In the wake of the most recent mass shooting in Oregon, our screens play out the all-too-familiar script of politicians, experts and laypeople alternatively blaming guns and mental illness for the tragedy. Inevitably, many ask, “Why didn’t Chris Mercer’s parents do something to stop him?”
As the mother of a teenage son who has bipolar disorder and who exhibited violent and antisocial behaviors until he was correctly diagnosed and treated, I see mass shootings through a different lens. While others ask about Mercer’s parents, I question a society that has repeatedly turned its back on our most vulnerable members.
Sadly, the conversation about mental illness has not changed since Newtown, Conn. In fact, the stigma of mental illness only increases when we limit our discussions about brain disorders to outlier tragedies. Consider these facts about mental illness and gun violence:
• While the rates of mass shootings are increasing, these events are still extremely rare, constituting only 1 percent to 3 percent of all gun deaths in the United States each year.

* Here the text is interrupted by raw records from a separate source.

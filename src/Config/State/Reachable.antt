-- ===== src/Config/State/Reachable.antt =====
-- The life of a mesh state: from the empty state of a first start, by any sequence of local mutations
-- and merges of whatever peers send.
use jj_mesh.Prelude.{
  is_ok, >>=-eq-ok, ok, get, Ord, nat_ord, bool_ord, pair_ord, list_ord, option_ord, reverse_ord,
  is_some, Bool-cases, ◌≡◌, refl, ap, ◌≢◌, inl, inr, Bool, true, Option, List, arith,
}
use jj_mesh.Config.Name.{Text}
use jj_mesh.Config.RepoId.{RepoId, Repo}
use jj_mesh.Config.Membership.Peers.{peer_register}
use jj_mesh.Config.Membership.Repos.{repo_register}
use jj_mesh.Config.Machine.{rename, rename_outranks, short_hostname_valid}
use jj_mesh.Config.Claims.{claims_register, is_valid, set_claims, set_claims_lem, set_claims-Sorted}
use jj_mesh.Config.State.Defs.{default_state, repo_name, MeshState, Membership}
use jj_mesh.Config.State.Ops.{
  set_repo_claims, add_peer, rename_machine, remove_peer, add_repo, remove_repo, forget_repo,
}
use jj_mesh.Config.State.Merge.{merge_membership}
use jj_mesh.Config.State.WellFormed.{IsWellFormed}
use jj_mesh.Config.State.Peers.{add_peer-IsWellFormed}
use jj_mesh.Config.State.Tombstones.{remove_peer-IsWellFormed}
use jj_mesh.Config.State.RepoOps.{with_repos, with_repos-IsWellFormed, add_repo-IsWellFormed}
use jj_mesh.Config.State.RepoRemoval.{remove_repo-IsWellFormed, forget_repo-IsWellFormed}
use jj_mesh.Config.State.MergeWellFormed.{merge-IsWellFormed}

module _ {E : Type 0} ⦃oe : Ord E⦄ where
  rename_machine-IsWellFormed :
      (local : E) (s : MeshState E) (name : Text) {t : MeshState E}
      → IsWellFormed local s
      → rename_machine s name ≡ ok t
      → IsWellFormed local t
  unfolding rename_machine
  rename_machine-IsWellFormed local s name {t} w h =
      let (m, renamed, done) = >>=-eq-ok (rename s.machine name) _ h in
      let facts = rename_outranks s.machine name w.machine_version renamed in
      let e : t ≡ record s { machine = m } = ground arith in
      rw e (record {
        name_valid = rw facts.0 (ap is_ok facts.1);
        machine_version = facts.2;
        peers_sorted = w.peers_sorted;
        peers_valid = w.peers_valid;
        peers_cap = w.peers_cap;
        repos_sorted = w.repos_sorted;
        registered = w.registered;
        mesh_sorted = w.mesh_sorted;
        mesh_valid = w.mesh_valid;
        mesh_cap = w.mesh_cap;
        claims_version = w.claims_version;
        claims_valid = w.claims_valid;
        claims_sorted = w.claims_sorted;
        peer_claims_sorted = w.peer_claims_sorted;
        peer_claims_valid = w.peer_claims_valid;
        peer_claims_cap = w.peer_claims_cap;
      })

  set_repo_claims-IsWellFormed :
      (local : E) (s : MeshState E) (id : RepoId) (names : List Text) {t : MeshState E}
      → IsWellFormed local s
      → set_repo_claims s id names ≡ ok t
      → IsWellFormed local t
  unfolding set_repo_claims
  set_repo_claims-IsWellFormed local s id names {t} w h =
      elim (Bool-cases (is_some (repo_name s id))) [
        | inr off ↦ let e : t ≡ s = ground arith in rw e w
        | inl on ↦
            let (d, done, rest) = >>=-eq-ok (set_claims s.claims id names) _ (rw on at h) in
            let facts = set_claims_lem s.claims id names w.claims_version done in
            let e : t ≡ with_repos s s.repos s.mesh_repos d = ground arith in
            let valid : is_valid d ≡ true = ground (arith, facts.0, w.claims_valid) in
            rw e (
              with_repos-IsWellFormed local s s.repos s.mesh_repos d w
                (record {
                  repos_sorted = w.repos_sorted;
                  registered = w.registered;
                  claims_version = facts.3;
                  claims_valid = valid;
                  claims_sorted = set_claims-Sorted s.claims id names w.claims_sorted done;
                })
                w.mesh_sorted w.mesh_valid w.mesh_cap)
      ]

  -- One mutation that succeeds. `parse` and `canonical` are those of the operations; a machine is never
  -- paired with itself.
  pub data Step (parse : Text → Option E) (canonical : Text → Text) (local : E)
      : MeshState E → MeshState E → Type 0 where
    peer_added :
        {s t : MeshState E} (endpoint : E) (name : Text)
        → endpoint ≢ local
        → add_peer s endpoint name ≡ ok t
        → Step parse canonical local s t
    peer_removed :
        {s t : MeshState E} (selector : Text) (endpoint : E)
        → remove_peer parse s selector ≡ ok (t, endpoint)
        → Step parse canonical local s t
    machine_renamed :
        {s t : MeshState E} (name : Text)
        → rename_machine s name ≡ ok t
        → Step parse canonical local s t
    repo_added :
        {s t : MeshState E} (name : Text) (r : Repo)
        → add_repo canonical s name r ≡ ok t
        → Step parse canonical local s t
    repo_removed :
        {s t : MeshState E} (name : Text) (here : Bool)
        → remove_repo s name ≡ ok (t, here)
        → Step parse canonical local s t
    repo_forgotten :
        {s t : MeshState E} (name : Text) (r : Repo)
        → forget_repo s name ≡ ok (t, r)
        → Step parse canonical local s t
    claims_set :
        {s t : MeshState E} (id : RepoId) (names : List Text)
        → set_repo_claims s id names ≡ ok t
        → Step parse canonical local s t
    membership_merged :
        {s : MeshState E} (remote : Membership E)
        → Step parse canonical local s (merge_membership s remote local).0

  pub data Reach (parse : Text → Option E) (canonical : Text → Text) (local : E) (s : MeshState E)
      : MeshState E → Type 0 where
    here : Reach parse canonical local s s
    next :
        {t u : MeshState E}
        → Reach parse canonical local s t
        → Step parse canonical local t u
        → Reach parse canonical local s u

  module _ (parse : Text → Option E) (canonical : Text → Text) (local : E) where
    pub Step-IsWellFormed :
        {s t : MeshState E}
        → Step parse canonical local s t
        → IsWellFormed local s
        → IsWellFormed local t
    Step-IsWellFormed {s} (peer_added endpoint name ne h) w =
        add_peer-IsWellFormed local s endpoint name w ne h
    Step-IsWellFormed {s} (peer_removed selector endpoint h) w =
        remove_peer-IsWellFormed parse local s selector w h
    Step-IsWellFormed {s} (machine_renamed name h) w = rename_machine-IsWellFormed local s name w h
    Step-IsWellFormed {s} (repo_added name r h) w =
        add_repo-IsWellFormed canonical local s name r w h
    Step-IsWellFormed {s} (repo_removed name was h) w = remove_repo-IsWellFormed local s name w h
    Step-IsWellFormed {s} (repo_forgotten name r h) w = forget_repo-IsWellFormed local s name w h
    Step-IsWellFormed {s} (claims_set id names h) w =
        set_repo_claims-IsWellFormed local s id names w h
    Step-IsWellFormed {s} (membership_merged remote) w = merge-IsWellFormed local s remote w

    default-IsWellFormed : (hostname : Text) → IsWellFormed local (default_state hostname)
    unfolding is_valid get
    default-IsWellFormed hostname = record {
      name_valid = ap is_ok (short_hostname_valid hostname);
      machine_version = omega arith;
      peers_sorted = tt;
      peers_valid = tt;
      peers_cap = omega arith;
      repos_sorted = tt;
      registered = λ name h. ground arith;
      mesh_sorted = tt;
      mesh_valid = tt;
      mesh_cap = omega arith;
      claims_version = omega arith;
      claims_valid = refl;
      claims_sorted = tt;
      peer_claims_sorted = tt;
      peer_claims_valid = tt;
      peer_claims_cap = omega arith;
    }

    -- Whatever a machine does and hears from its first start on, as long as it is never paired with itself,
    -- its mesh state is well-formed: names are valid, versions are below the ceiling, the numbers of peers,
    -- repos and claims are within their caps, every registered repo is in use in the mesh, and only alive
    -- machines have claims.
    pub Reach-IsWellFormed :
        (hostname : Text) {t : MeshState E}
        → Reach parse canonical local (default_state hostname) t
        → IsWellFormed local t
    Reach-IsWellFormed hostname here = default-IsWellFormed hostname
    Reach-IsWellFormed hostname (next r step) =
        Step-IsWellFormed step (Reach-IsWellFormed hostname r)
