-- ===== src/Tx/Log.antt =====
-- gzochi-server/src/tx.c: atomic commitment, read off the calls that the participants receive. The
-- world is the list of the calls made so far; a voter records each call and answers as it likes.
use mathlib.Core.List.{append_assoc, append-nil}
use gnu_gzochi.Base.{
  ℕ, Bool, true, false, not, ◌&&◌, ◌||◌, ◌≡◌, refl, ap, ◌∙◌, Option, none, some, List, [], ◌∷◌,
  ◌++◌, map, all, arith, if◌then◌else◌,
}
use mathlib.Core.Option
use gnu_gzochi.Timeval.{Timeval}
use gnu_gzochi.Tx.{
  State, Vote, Participant, Registration, Transaction, Ending, Timing, is_marking, prepare_all,
  commit_all, rollback_all, rollback_only, finish, is_timed_out,
}

pub data Call : Type 0 where
  prepares commits rolls_back : ℕ → Call

pub record Voter : Type 0 where
  pub name : ℕ
  pub vote : Vote
  pub marked : Bool
  pub retryable : Bool

abbrev pub participant_of : Voter → Participant (Unit {0}) (List Call)
participant_of v = record {
  name = v.name;
  prepare = λ _ _ calls. (calls ++ prepares v.name ∷ [], v.vote);
  commit = λ _ calls. calls ++ commits v.name ∷ [];
  rollback = some (λ _ calls. calls ++ rolls_back v.name ∷ []);
}

abbrev pub registration_of : Voter → Registration (Unit {0}) (List Call)
registration_of v = record {
  participant = participant_of v;
  context = tt;
  marked = v.marked;
  retryable = v.retryable;
}

abbrev pub registrations : List Voter → List (Registration (Unit {0}) (List Call))
registrations = map registration_of

-- The prepare calls that a round of votes sees: up to the first refusal, which is included.
abbrev pub asked : List Voter → List Call
asked [] = []
asked (v ∷ vs) = prepares v.name ∷ (if v.vote.prepared then asked vs else [])

abbrev pub committed_calls : List Voter → List Call
committed_calls = map (λ v. commits v.name)

abbrev pub rolled_back_calls : List Voter → List Call
rolled_back_calls = map (λ v. rolls_back v.name)

abbrev pub any_marked : List Voter → Bool
any_marked [] = false
any_marked (v ∷ vs) = v.marked || any_marked vs

abbrev pub all_prepared : List Voter → Bool
all_prepared = all (λ v. v.vote.prepared)

-- The voters after the round: the marks that their prepare callbacks made are on them.
abbrev apply_mark : Option Bool → Voter → Voter
apply_mark none v = v
apply_mark (some r) v = record v { marked = true; retryable = r }

abbrev after : List Voter → List Voter
after [] = []
after (v ∷ vs) = apply_mark v.vote.mark v ∷ (if v.vote.prepared then after vs else vs)

commit_all_lem :
    (vs : List Voter) (w : List Call) → commit_all (registrations vs) w ≡ w ++ committed_calls vs
unfolding commit_all
commit_all_lem [] w = simp append-nil
commit_all_lem (v ∷ vs) w =
    commit_all_lem vs (w ++ commits v.name ∷ []) ∙ append_assoc w (commits v.name ∷ []) _

rollback_all_lem :
    (vs : List Voter) (w : List Call)
    → rollback_all (registrations vs) w ≡ some (w ++ rolled_back_calls vs)
unfolding rollback_all
rollback_all_lem [] w = simp append-nil
rollback_all_lem (v ∷ vs) w =
    rollback_all_lem vs (w ++ rolls_back v.name ∷ [])
    ∙ ap some (append_assoc w (rolls_back v.name ∷ []) _)

abbrev Asked : Bool → List Voter → List Call → Type 0
Asked flag vs w =
    prepare_all flag (registrations vs) w
    ≡ (registrations (after vs), w ++ asked vs, all_prepared vs)

prepare_all-cons :
    (flag : Bool) (name : ℕ) (prepared : Bool) (m : Option Bool) (marked retryable : Bool)
    (vs : List Voter) (w : List Call)
    → Asked (flag || is_marking m) vs (w ++ prepares name ∷ [])
    → Asked flag
        (record {
          name = name;
          vote = record { prepared = prepared; mark = m };
          marked = marked;
          retryable = retryable;
        }
          ∷ vs)
        w
unfolding prepare_all
prepare_all-cons flag name false none marked retryable vs w rest = refl
prepare_all-cons flag name false (some r) marked retryable vs w rest = refl
prepare_all-cons flag name true none marked retryable vs w rest = rw rest (simp append_assoc)
prepare_all-cons flag name true (some r) marked retryable vs w rest = rw rest (simp append_assoc)

prepare_all_lem : (flag : Bool) (vs : List Voter) (w : List Call) → Asked flag vs w
unfolding prepare_all
prepare_all_lem flag [] w = simp append-nil
prepare_all_lem flag (v ∷ vs) w =
    prepare_all-cons flag v.name v.vote.prepared v.vote.mark v.marked v.retryable vs w
      (prepare_all_lem (flag || is_marking v.vote.mark) vs (w ++ prepares v.name ∷ []))

rolled_back_calls-after : (vs : List Voter) → rolled_back_calls (after vs) ≡ rolled_back_calls vs
rolled_back_calls-after [] = refl
rolled_back_calls-after (v ∷ vs) = ground (arith, rolled_back_calls-after vs)

committed_calls-after : (vs : List Voter) → committed_calls (after vs) ≡ committed_calls vs
committed_calls-after [] = refl
committed_calls-after (v ∷ vs) = ground (arith, committed_calls-after vs)

rollback_only_lem : (vs : List Voter) → rollback_only (registrations vs) ≡ any_marked vs
unfolding rollback_only
rollback_only_lem [] = refl
rollback_only_lem (v ∷ vs) = rw (rollback_only_lem vs)

-- The calls of a whole transaction, whether it succeeds, and the state that it ends in.
abbrev pub expected : List Voter → Bool → List Call × Bool × State
expected vs late =
    if any_marked vs
    then (rolled_back_calls vs, false, State.rolled_back)
    else if all_prepared vs && not late
    then (asked vs ++ committed_calls vs, true, State.committed)
    else (asked vs ++ rolled_back_calls vs, false, State.rolled_back)

-- Atomic commitment, for every list of participants and every vote: a transaction with a marked
-- participant is rolled back by all without being prepared; otherwise the participants are asked in
-- order up to the first refusal, and then either every one of them is told to commit, each once and
-- none to roll back, which happens exactly if all have prepared and the timeout has not elapsed, or
-- every one of them is told to roll back, each once and none to commit.
pub finish-expected :
    (vs : List Voter) (t : Transaction (Unit {0}) (List Call)) (timing : Timing) (now : Timeval)
    → t.participants ≡ registrations vs
    → Option.map
        (λ (e : Ending (Unit {0}) (List Call)). (e.world, e.success, e.transaction.state))
        (finish t (some timing) now [])
      ≡ some (expected vs (is_timed_out timing now))
unfolding finish
finish-expected vs t timing now participants =
    rw (participants, rollback_only_lem vs, prepare_all_lem false vs [])
      (rw
        (
          rollback_all_lem vs [],
          rollback_all_lem (after vs) (asked vs),
          commit_all_lem (after vs) (asked vs),
          rolled_back_calls-after vs,
          committed_calls-after vs,
        )
        (ground arith))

• The majority of gun-related deaths — 60 percent — are people who died by suicide. Of these, as many as 90 percent suffered from mental illness.
• Most violence is not caused by people who have mental illness, and when treated, people with mental illness are no more likely to be violent than the general population. In fact, people with mental illness are more likely to be victims of violence and discrimination.
Schizophrenia and bipolar disorder largely affect our young people. By failing to provide early interventions and timely treatments, we are effectively condemning too many of our children to a life in prison or on the streets.
The “Helping Families in Mental Health Crisis Act,” HR2646, is a bipartisan bill in Congress that would provide better treatment options for people who have serious mental illness. It would clarify confusing privacy laws that prevent doctors from communicating with caregivers and end arbitrary restrictions on numbers of hospital beds and days of treatment. Our representatives should support this bill.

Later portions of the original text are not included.